-- ===== src/Fifo/Polled/Due.antt =====
-- What stands in the pipe of fifo/doc/fifoexa0 accounts for what is said and not yet shown, and
-- does so after each step.
use linuxapp.Common.{
  ℕ, suc, ◌≤◌, ◌<◌, true, some, none, Option, List, [], ◌∷◌, ◌++◌, length, drop, ◌≡◌, ◌⊎◌, refl, ap,
  ◌∙◌, sym, arith, inl, inr, All, All-append, length-drop, Bool-cases, length-append,
}
use mathlib.Core.List.{append_assoc, append-nil}
use linuxapp.Common.CString.{IsText}
use linuxapp.Fifo.Polled.Interface.{NoWait, IsNoWait}
use linuxapp.Fifo.Polled.{
  buf_size, Report, send_something, not_been_read, wrote, Sys, Step, opens, looks, sends, step,
  write_main,
}
use linuxapp.Fifo.Polled.Frames.{
  Frame, frame_bytes, frames_bytes, IsFrame, texts, nonempty, written, nonempty-append,
  written-append, frames_bytes-append, texts-append, frame_of, frame_of-IsFrame,
}
use linuxapp.Fifo.Polled.Rounds.{write_main_lem, read_empty, read_frame}

-- A writer's argument fits its array.
abbrev pub IsFit : Step → Type 0
IsFit opens = Unit
IsFit looks = Unit
IsFit (sends none w_buf) = Unit
IsFit (sends (some arg) w_buf) = IsText arg × (length arg < buf_size) × (length w_buf ≡ buf_size)

module _ (P : NoWait) where
  open P use {State, contents}

  -- The frames stand in the pipe, and are what is written and not yet shown. No frame stands there
  -- before the reader has opened the pipe.
  pub record IsDue (fs : List Frame) (z : Sys P) : Type 0 where
    pub framed : All IsFrame fs
    pub there : contents z.pipe ≡ frames_bytes fs
    pub accounted : nonempty (written z.said) ≡ nonempty z.shown ++ nonempty (texts fs)
    pub after_open : (z.reading ≡ true) ⊎ (fs ≡ [])

  said_nothing :
      (z : Sys P) (fs : List Frame) (r : Report)
      → written (r ∷ []) ≡ []
      → IsDue fs z
      → IsDue fs (record z { said = z.said ++ r ∷ [] })
  said_nothing z fs r silent due = record {
    framed = due.framed;
    there = due.there;
    accounted =
        ap nonempty (
          written-append z.said (r ∷ [])
          ∙ ap (◌++◌ (written z.said)) silent
          ∙ append-nil (written z.said))
        ∙ due.accounted;
    after_open = due.after_open;
  }

  shown_text :
      (z : Sys P) (f : Frame) (fs : List Frame) (t : State)
      → IsDue (f ∷ fs) z
      → contents t ≡ frames_bytes fs
      → IsDue fs (record z { pipe = t; shown = z.shown ++ f.text ∷ [] })
  shown_text z f fs t due left = record {
    framed = due.framed.1;
    there = left;
    accounted =
        due.accounted
        ∙ ap (◌++◌ (nonempty z.shown)) (nonempty-append (f.text ∷ []) (texts fs))
        ∙ sym (append_assoc (nonempty z.shown) (nonempty (f.text ∷ [])) (nonempty (texts fs)))
        ∙ ap (λ ts. ts ++ nonempty (texts fs)) (sym (nonempty-append z.shown (f.text ∷ [])));
    after_open = elim due.after_open [ inl reading ↦ inl reading | inr e ↦ cc ];
  }

  sent_text :
      (z : Sys P) (f : Frame) (fs : List Frame) (t : State)
      → IsFrame f
      → z.reading ≡ true
      → IsDue fs z
      → contents t ≡ contents z.pipe ++ frame_bytes f
      → IsDue (fs ++ f ∷ []) (record z { pipe = t; said = z.said ++ wrote f.text ∷ [] })
  sent_text z f fs t framed reading due added = record {
    framed = All-append IsFrame fs (f ∷ []) due.framed (framed, tt);
    there = added ∙ ap (λ b. b ++ frame_bytes f) due.there ∙ sym (frames_bytes-append fs f);
    accounted =
        ap nonempty (written-append z.said (wrote f.text ∷ []))
        ∙ nonempty-append (written z.said) (f.text ∷ [])
        ∙ ap (λ ts. ts ++ nonempty (f.text ∷ [])) due.accounted
        ∙ append_assoc (nonempty z.shown) (nonempty (texts fs)) (nonempty (f.text ∷ []))
        ∙ ap (◌++◌ (nonempty z.shown)) (
            sym (nonempty-append (texts fs) (f.text ∷ [])) ∙ ap nonempty (sym (texts-append fs f)));
    after_open = inl reading;
  }

module _ (P : NoWait) (laws : IsNoWait P) where
  open P use {State, contents}

  pub look-IsDue :
      (fs : List Frame) (z : Sys P)
      → IsDue P fs z
      → (y : Sys P) × (step P looks z ≡ some y) × IsDue P (drop 1 fs) y
  unfolding step
  look-IsDue [] z due = elim (Bool-cases z.reading) [
    | inl e ↦
        let (t, shows, still) = read_empty P laws z.pipe due.there in
        (
          record z { pipe = t; shown = z.shown ++ [] ∷ [] },
          rw e (rw shows refl),
          record {
            framed = tt;
            there = still;
            accounted =
                due.accounted
                ∙ ap (λ ts. ts ++ [])
                    (sym (nonempty-append z.shown ([] ∷ []) ∙ append-nil (nonempty z.shown)));
            after_open = inl e;
          },
        )
    | inr e ↦ (z, rw e refl, due)
  ]
  look-IsDue (f ∷ fs) z due =
      let reading : z.reading ≡ true = elim due.after_open [ inl e ↦ e | inr e ↦ cc ] in
      let (t, shows, left) = read_frame P laws f fs z.pipe due.framed.0 due.there in
      (
        record z { pipe = t; shown = z.shown ++ f.text ∷ [] },
        rw reading (rw shows refl),
        shown_text P z f fs t due left,
      )

  send-IsDue :
      (arg : Option (List ℕ)) (w_buf : List ℕ) (fs : List Frame) (z : Sys P)
      → IsFit (sends arg w_buf)
      → IsDue P fs z
      → (gs : List Frame) × (y : Sys P) × (step P (sends arg w_buf) z ≡ some y)
        × IsDue P gs y
        × (length gs ≤ suc (length fs))
  unfolding step write_main
  send-IsDue none w_buf fs z fit due =
      (fs, _, refl, said_nothing P z fs send_something refl due, omega arith)
  send-IsDue (some arg) w_buf fs z (text, short, whole) due =
      elim (write_main_lem P laws z.reading arg w_buf z.pipe text short whole) [
        | inl refused ↦
            (fs, _, rw refused refl, said_nothing P z fs not_been_read refl due, omega arith)
        | inr (t, reading, e, there) ↦
            let f = frame_of arg w_buf in
            (
              fs ++ f ∷ [],
              _,
              rw e refl,
              sent_text P z f fs t (frame_of-IsFrame arg w_buf text short whole) reading due there,
              omega (arith, length-append fs (f ∷ [])),
            )
      ]

  pub step-IsDue :
      (st : Step) (fs : List Frame) (z : Sys P)
      → IsFit st
      → IsDue P fs z
      → (gs : List Frame) × (y : Sys P) × (step P st z ≡ some y)
        × IsDue P gs y
        × (length gs ≤ suc (length fs))
  unfolding step
  step-IsDue opens fs z fit due = (
    fs,
    record z { reading = true },
    refl,
    record {
      framed = due.framed;
      there = due.there;
      accounted = due.accounted;
      after_open = inl refl;
    },
    omega arith,
  )
  step-IsDue looks fs z fit due =
      let (y, e, next) = look-IsDue fs z due in
      (drop 1 fs, y, e, next, omega (arith, length-drop 1 fs))
  step-IsDue (sends arg w_buf) fs z fit due = send-IsDue arg w_buf fs z fit due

──────

▶ Try it: Nothing but the lines from the one containing "omega (arith, length-append" to the end of the entries belongs in the answer, and each must match exactly.

▶ Result for this exercise:
              omega (arith, length-append fs (f ∷ [])),
            )
      ]

  pub step-IsDue :
      (st : Step) (fs : List Frame) (z : Sys P)
      → IsFit st
      → IsDue P fs z
      → (gs : List Frame) × (y : Sys P) × (step P st z ≡ some y)
        × IsDue P gs y
        × (length gs ≤ suc (length fs))
  unfolding step
  step-IsDue opens fs z fit due = (
    fs,
    record z { reading = true },
    refl,
    record {
      framed = due.framed;
      there = due.there;
      accounted = due.accounted;
      after_open = inl refl;
    },
    omega arith,
  )
  step-IsDue looks fs z fit due =
      let (y, e, next) = look-IsDue fs z due in
      (drop 1 fs, y, e, next, omega (arith, length-drop 1 fs))
  step-IsDue (sends arg w_buf) fs z fit due = send-IsDue arg w_buf fs z fit due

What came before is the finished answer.